• Linens ‘n Things Expected to File for Bankruptcy
    Posted by on April 11th, 2008 at 10:03 am

    One of Bed Bath & Beyond‘s (BBBY) major competitors, Linens ‘n Things, seems to have come to the end of the road. The WSJ said that the company is expected to file for bankruptcy protection by Tuesday.
    Two years ago, the company was part of a private equity buyout from Apollo Management, which has filed to go public (or as DealBook calls it, an Un-IPO). Bed Bath & Beyond is down a bit this morning but I don’t see how a competitors’ bankruptcy can be all that bad.

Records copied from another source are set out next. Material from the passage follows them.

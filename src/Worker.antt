-- ===== src/Worker.antt =====
-- src/run_farm/worker.py: `main`, which runs one config and prints its record as a line.
--
-- The arguments of the command line are those of `run_one`; the output is in lines, stdout before stderr, as `_ssh`
-- of src/run_farm/provider_exec.py joins them.
pub mod Line
use Prim.Native.String.{◌++◌ as appended}
use run_farm.Prelude.{String, Option, none, some, List, [], ◌∷◌, ◌++◌}
use run_farm.Json.{Value, null, flag, text, object, end, field}
use run_farm.Config.{Config}
use run_farm.Registry.Files.{Base}
use run_farm.Registry.Events.{Events}
use run_farm.Driver.{RunFn, World}
use run_farm.Farm.Dispatch.{Record}
use run_farm.Remote.{Answer, answers, raises, run_one}
use run_farm.Hosted.Worker.{result_prefix}

abbrev pub or_null : Option Value → Value
or_null none = null
or_null (some v) = v

abbrev pub name_value : Option String → Value
name_value none = null
name_value (some s) = text s

-- The dictionary that `run_one` returns.
unfoldable pub to_value : Record → Value
to_value r = object (
    field "run" (name_value r.run)
      (field "result" (or_null r.result) (field "skipped" (flag r.skipped) end)))

-- The lines of the process: those of the RunFn, the record, those of stderr. An exception prints no record.
unfoldable pub printed : (Value → String) → List String → List String → Answer Record → List String
printed dumps said errors (raises e) = said ++ errors
printed dumps said errors (answers r) = said ++ appended result_prefix (dumps (to_value r)) ∷ errors

-- `main`, with what `run_one` answers and the lines that it printed.
module _ {S : Type 0} (from_json : Value → Config) (run_fn : RunFn S) (dumps : Value → String) where
  unfoldable pub main :
      List String
      → List String
      → Value
      → World (Base S) (Events S)
      → List String × World (Base S) (Events S)
  main said errors config_json w =
      let (answer, w') = run_one from_json run_fn config_json w in
      (printed dumps said errors answer, w')
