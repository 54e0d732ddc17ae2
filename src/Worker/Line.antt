-- ===== src/Worker/Line.antt =====
-- The line that `main` of src/run_farm/worker.py prints, as `_run_config` of src/run_farm/provider_exec.py reads it.
use Prim.Native.String.{len, slice, ◌++◌ as appended}
use package.text.Mathlib.Text.{starts_with}
use package.text.Mathlib.TextPositions.{starts_with-append, slice-append_right, len-append}
use run_farm.Prelude.{
  and_true, ◌≡◌, refl, ◌∙◌, ap, String, Bool, true, not, none, some, List, [], ◌∷◌, ◌++◌, all,
  Bool-cases, inl, inr,
}
use run_farm.Json.{Value}
use run_farm.Config.{Config}
use run_farm.Registry.Files.{Base}
use run_farm.Registry.Events.{Events}
use run_farm.Driver.{RunFn, World}
use run_farm.Farm.Dispatch.{Record}
use run_farm.Remote.{Answer, answers, raises, run_one}
use run_farm.Hosted.{Cloud, Parsing, Settings, Result, reported, failed}
use run_farm.Hosted.Worker.{result_prefix, result_line, parsed}
use run_farm.Worker.{to_value, printed, main}

-- A line that is no record.
abbrev pub plain : String → Bool
plain line = not (starts_with line result_prefix)

cut_prefix : (s t : String) → slice (appended s t) (len s) (len (appended s t)) ≡ t
cut_prefix s t = rw (len-append s t) (slice-append_right s t)

module _ {P : Type 0} (cloud : Cloud P) (parsing : Parsing) (settings : Settings) where
  plain_first :
      (line : String) (lines : List String)
      → plain line ≡ true
      → result_line cloud parsing settings (line ∷ lines) ≡ result_line cloud parsing settings lines
  unfolding result_line
  plain_first line lines h = elim (Bool-cases (starts_with line result_prefix)) [
    | inl marked ↦ cc (rw marked at h)
    | inr unmarked ↦ rw unmarked refl
  ]

  plain_lines :
      (said lines : List String)
      → all plain said ≡ true
      → result_line cloud parsing settings (said ++ lines)
        ≡ result_line cloud parsing settings lines
  plain_lines [] lines h = refl
  plain_lines (line ∷ said) lines h =
      let (first, rest) = and_true (plain line) (all plain said) h in
      plain_first line (said ++ lines) first ∙ plain_lines said lines rest

  no_line :
      (said : List String) → all plain said ≡ true → result_line cloud parsing settings said ≡ none
  unfolding result_line
  no_line [] h = refl
  no_line (line ∷ said) h =
      let (first, rest) = and_true (plain line) (all plain said) h in
      plain_first line said first ∙ no_line said rest

  marked_first :
      (t : String) (lines : List String)
      → result_line cloud parsing settings (appended result_prefix t ∷ lines) ≡ some t
  unfolding result_line
  marked_first t lines =
      rw (starts_with-append result_prefix t) (ap some (cut_prefix result_prefix t))

  -- What the executor makes of an answer of `run_one`.
  abbrev pub read_back : Config → Answer Record → Result
  read_back c (answers r) = reported (to_value r)
  read_back c (raises e) = failed c.run_name "rc"

  read-printed :
      (c : Config) (dumps : Value → String) (said errors : List String) (answer : Answer Record)
      → ((r : Record) → answer ≡ answers r → parsing.loads (dumps (to_value r)) ≡ some (to_value r))
      → all plain said ≡ true
      → all plain errors ≡ true
      → parsed cloud parsing settings c
          (result_line cloud parsing settings (printed dumps said errors answer))
        ≡ read_back c answer
  unfolding printed
  read-printed c dumps said errors (answers r) law quiet calm =
      rw (plain_lines said (appended result_prefix (dumps (to_value r)) ∷ errors) quiet)
        (rw (marked_first (dumps (to_value r)) errors) (rw (law r refl, parsed) refl))
  read-printed c dumps said errors (raises e) law quiet calm =
      rw (plain_lines said errors quiet) (rw (no_line errors calm) refl)

module _ {P S : Type 0} (cloud : Cloud P) (parsing : Parsing) (settings : Settings)
    (from_json : Value → Config) (run_fn : RunFn S) (dumps : Value → String) where
  -- The executor reads from the lines of a worker the record that `run_one` returned there, whatever the RunFn
  -- printed before it and whatever stderr has after it, as long as none of these lines begins as a record does; of a
  -- worker that ended by an exception it makes a record of an error under the config's name. Given that `json.loads`
  -- reads what `json.dumps` wrote of the record.
  pub parsed-main :
      (c : Config) (said errors : List String) (config_json : Value) (w : World (Base S) (Events S))
      → ((r : Record)
          → (run_one from_json run_fn config_json w).0 ≡ answers r
          → parsing.loads (dumps (to_value r)) ≡ some (to_value r))
      → all plain said ≡ true
      → all plain errors ≡ true
      → parsed cloud parsing settings c (
          result_line cloud parsing settings
            (main from_json run_fn dumps said errors config_json w).0)
        ≡ read_back cloud parsing settings c (run_one from_json run_fn config_json w).0
  unfolding main
  parsed-main c said errors config_json w law quiet calm =
      read-printed cloud parsing settings c dumps said errors
        (run_one from_json run_fn config_json w).0 law quiet calm
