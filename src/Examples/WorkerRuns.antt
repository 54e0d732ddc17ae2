-- ===== src/Examples/WorkerRuns.antt =====
-- The line of a worker of src/run_farm/worker.py, read by its executor.
use run_farm.Prelude.{◌≡◌, refl, sym, ◌∙◌, ℕ, String, some, none, List, [], ◌∷◌}
use run_farm.Json.{Value, text, end, object}
use run_farm.Registry.Files.{Base}
use run_farm.Registry.Events.{Events}
use run_farm.Driver.{RunFn, returned, checkpoint, World}
use run_farm.Farm.Dispatch.{Record}
use run_farm.Remote.{answers, record_for, run_one}
use run_farm.Hosted.{Parsing}
use run_farm.Hosted.Worker.{result_line, parsed}
use run_farm.Examples.HostedRuns.{cloud, parsing, settings, config}
use run_farm.Worker.{to_value, main}
use run_farm.Worker.Line.{parsed-main, read_back}

abbrev run_fn : RunFn ℕ
run_fn c resumed = record { calls = checkpoint 7 5 ∷ []; ending = returned (text "ok") }

abbrev fresh : World (Base ℕ) (Events ℕ)
fresh = record {
  store = record { files = []; manifest = [] };
  events = record { lines = []; triggered = [] };
}

abbrev expected : Record
expected = record_for (config "a") (some (text "ok"))

abbrev reading : Parsing
reading = record parsing { loads = λ s. some (to_value expected) }

abbrev dumps : Value → String
dumps v = "{}"

runs : (run_one (λ v. config "a") run_fn (object end) fresh).0 ≡ answers expected
unfolding run_one run_farm.Driver.execute_config run_farm.Registry.Files.is_complete
    run_farm.Prelude.has run_farm.Prelude.lookup run_farm.Registry.Files.register
    run_farm.Prelude.insert
runs = refl

law :
    (r : Record)
    → (run_one (λ v. config "a") run_fn (object end) fresh).0 ≡ answers r
    → reading.loads (dumps (to_value r)) ≡ some (to_value r)
law r e = let same = sym runs ∙ e in cc

parsed-main_example :
    parsed cloud reading settings (config "a") (
      result_line cloud reading settings
        (main (λ v. config "a") run_fn dumps ("step 1" ∷ []) ("warning" ∷ []) (object end) fresh).0)
    ≡ read_back cloud reading settings
        (config "a")
        (run_one (λ v. config "a") run_fn (object end) fresh).0
parsed-main_example =
    parsed-main cloud reading settings (λ v. config "a") run_fn dumps (config "a") ("step 1" ∷ [])
      ("warning" ∷ []) (object end) fresh law refl refl
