-- ===== src/Farm.antt =====
-- src/run_farm/farm.py: the policy of a campaign.
pub mod Shipment
pub mod Launch
pub mod Shapes
pub mod Campaign
pub mod Govern
pub mod Frame
pub mod Corpus
pub mod Growth
pub mod Dispatch
pub mod Gate
pub mod Plan
pub mod Factory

  • Deep Inside an SEC Filing
    Posted by on April 9th, 2008 at 9:05 pm

    Ever heard of CHDT Corp. (CHDO)?
    Me neither.
    Anywho, I was reading their 10-K (page 29) and I came across this under the discussion of country risks.

    While dramatic anti-trade shit in Chinese policy or laws would seem to be clearly against the best interests of China and its current economic trends, China has a central government with the authority to make such changes.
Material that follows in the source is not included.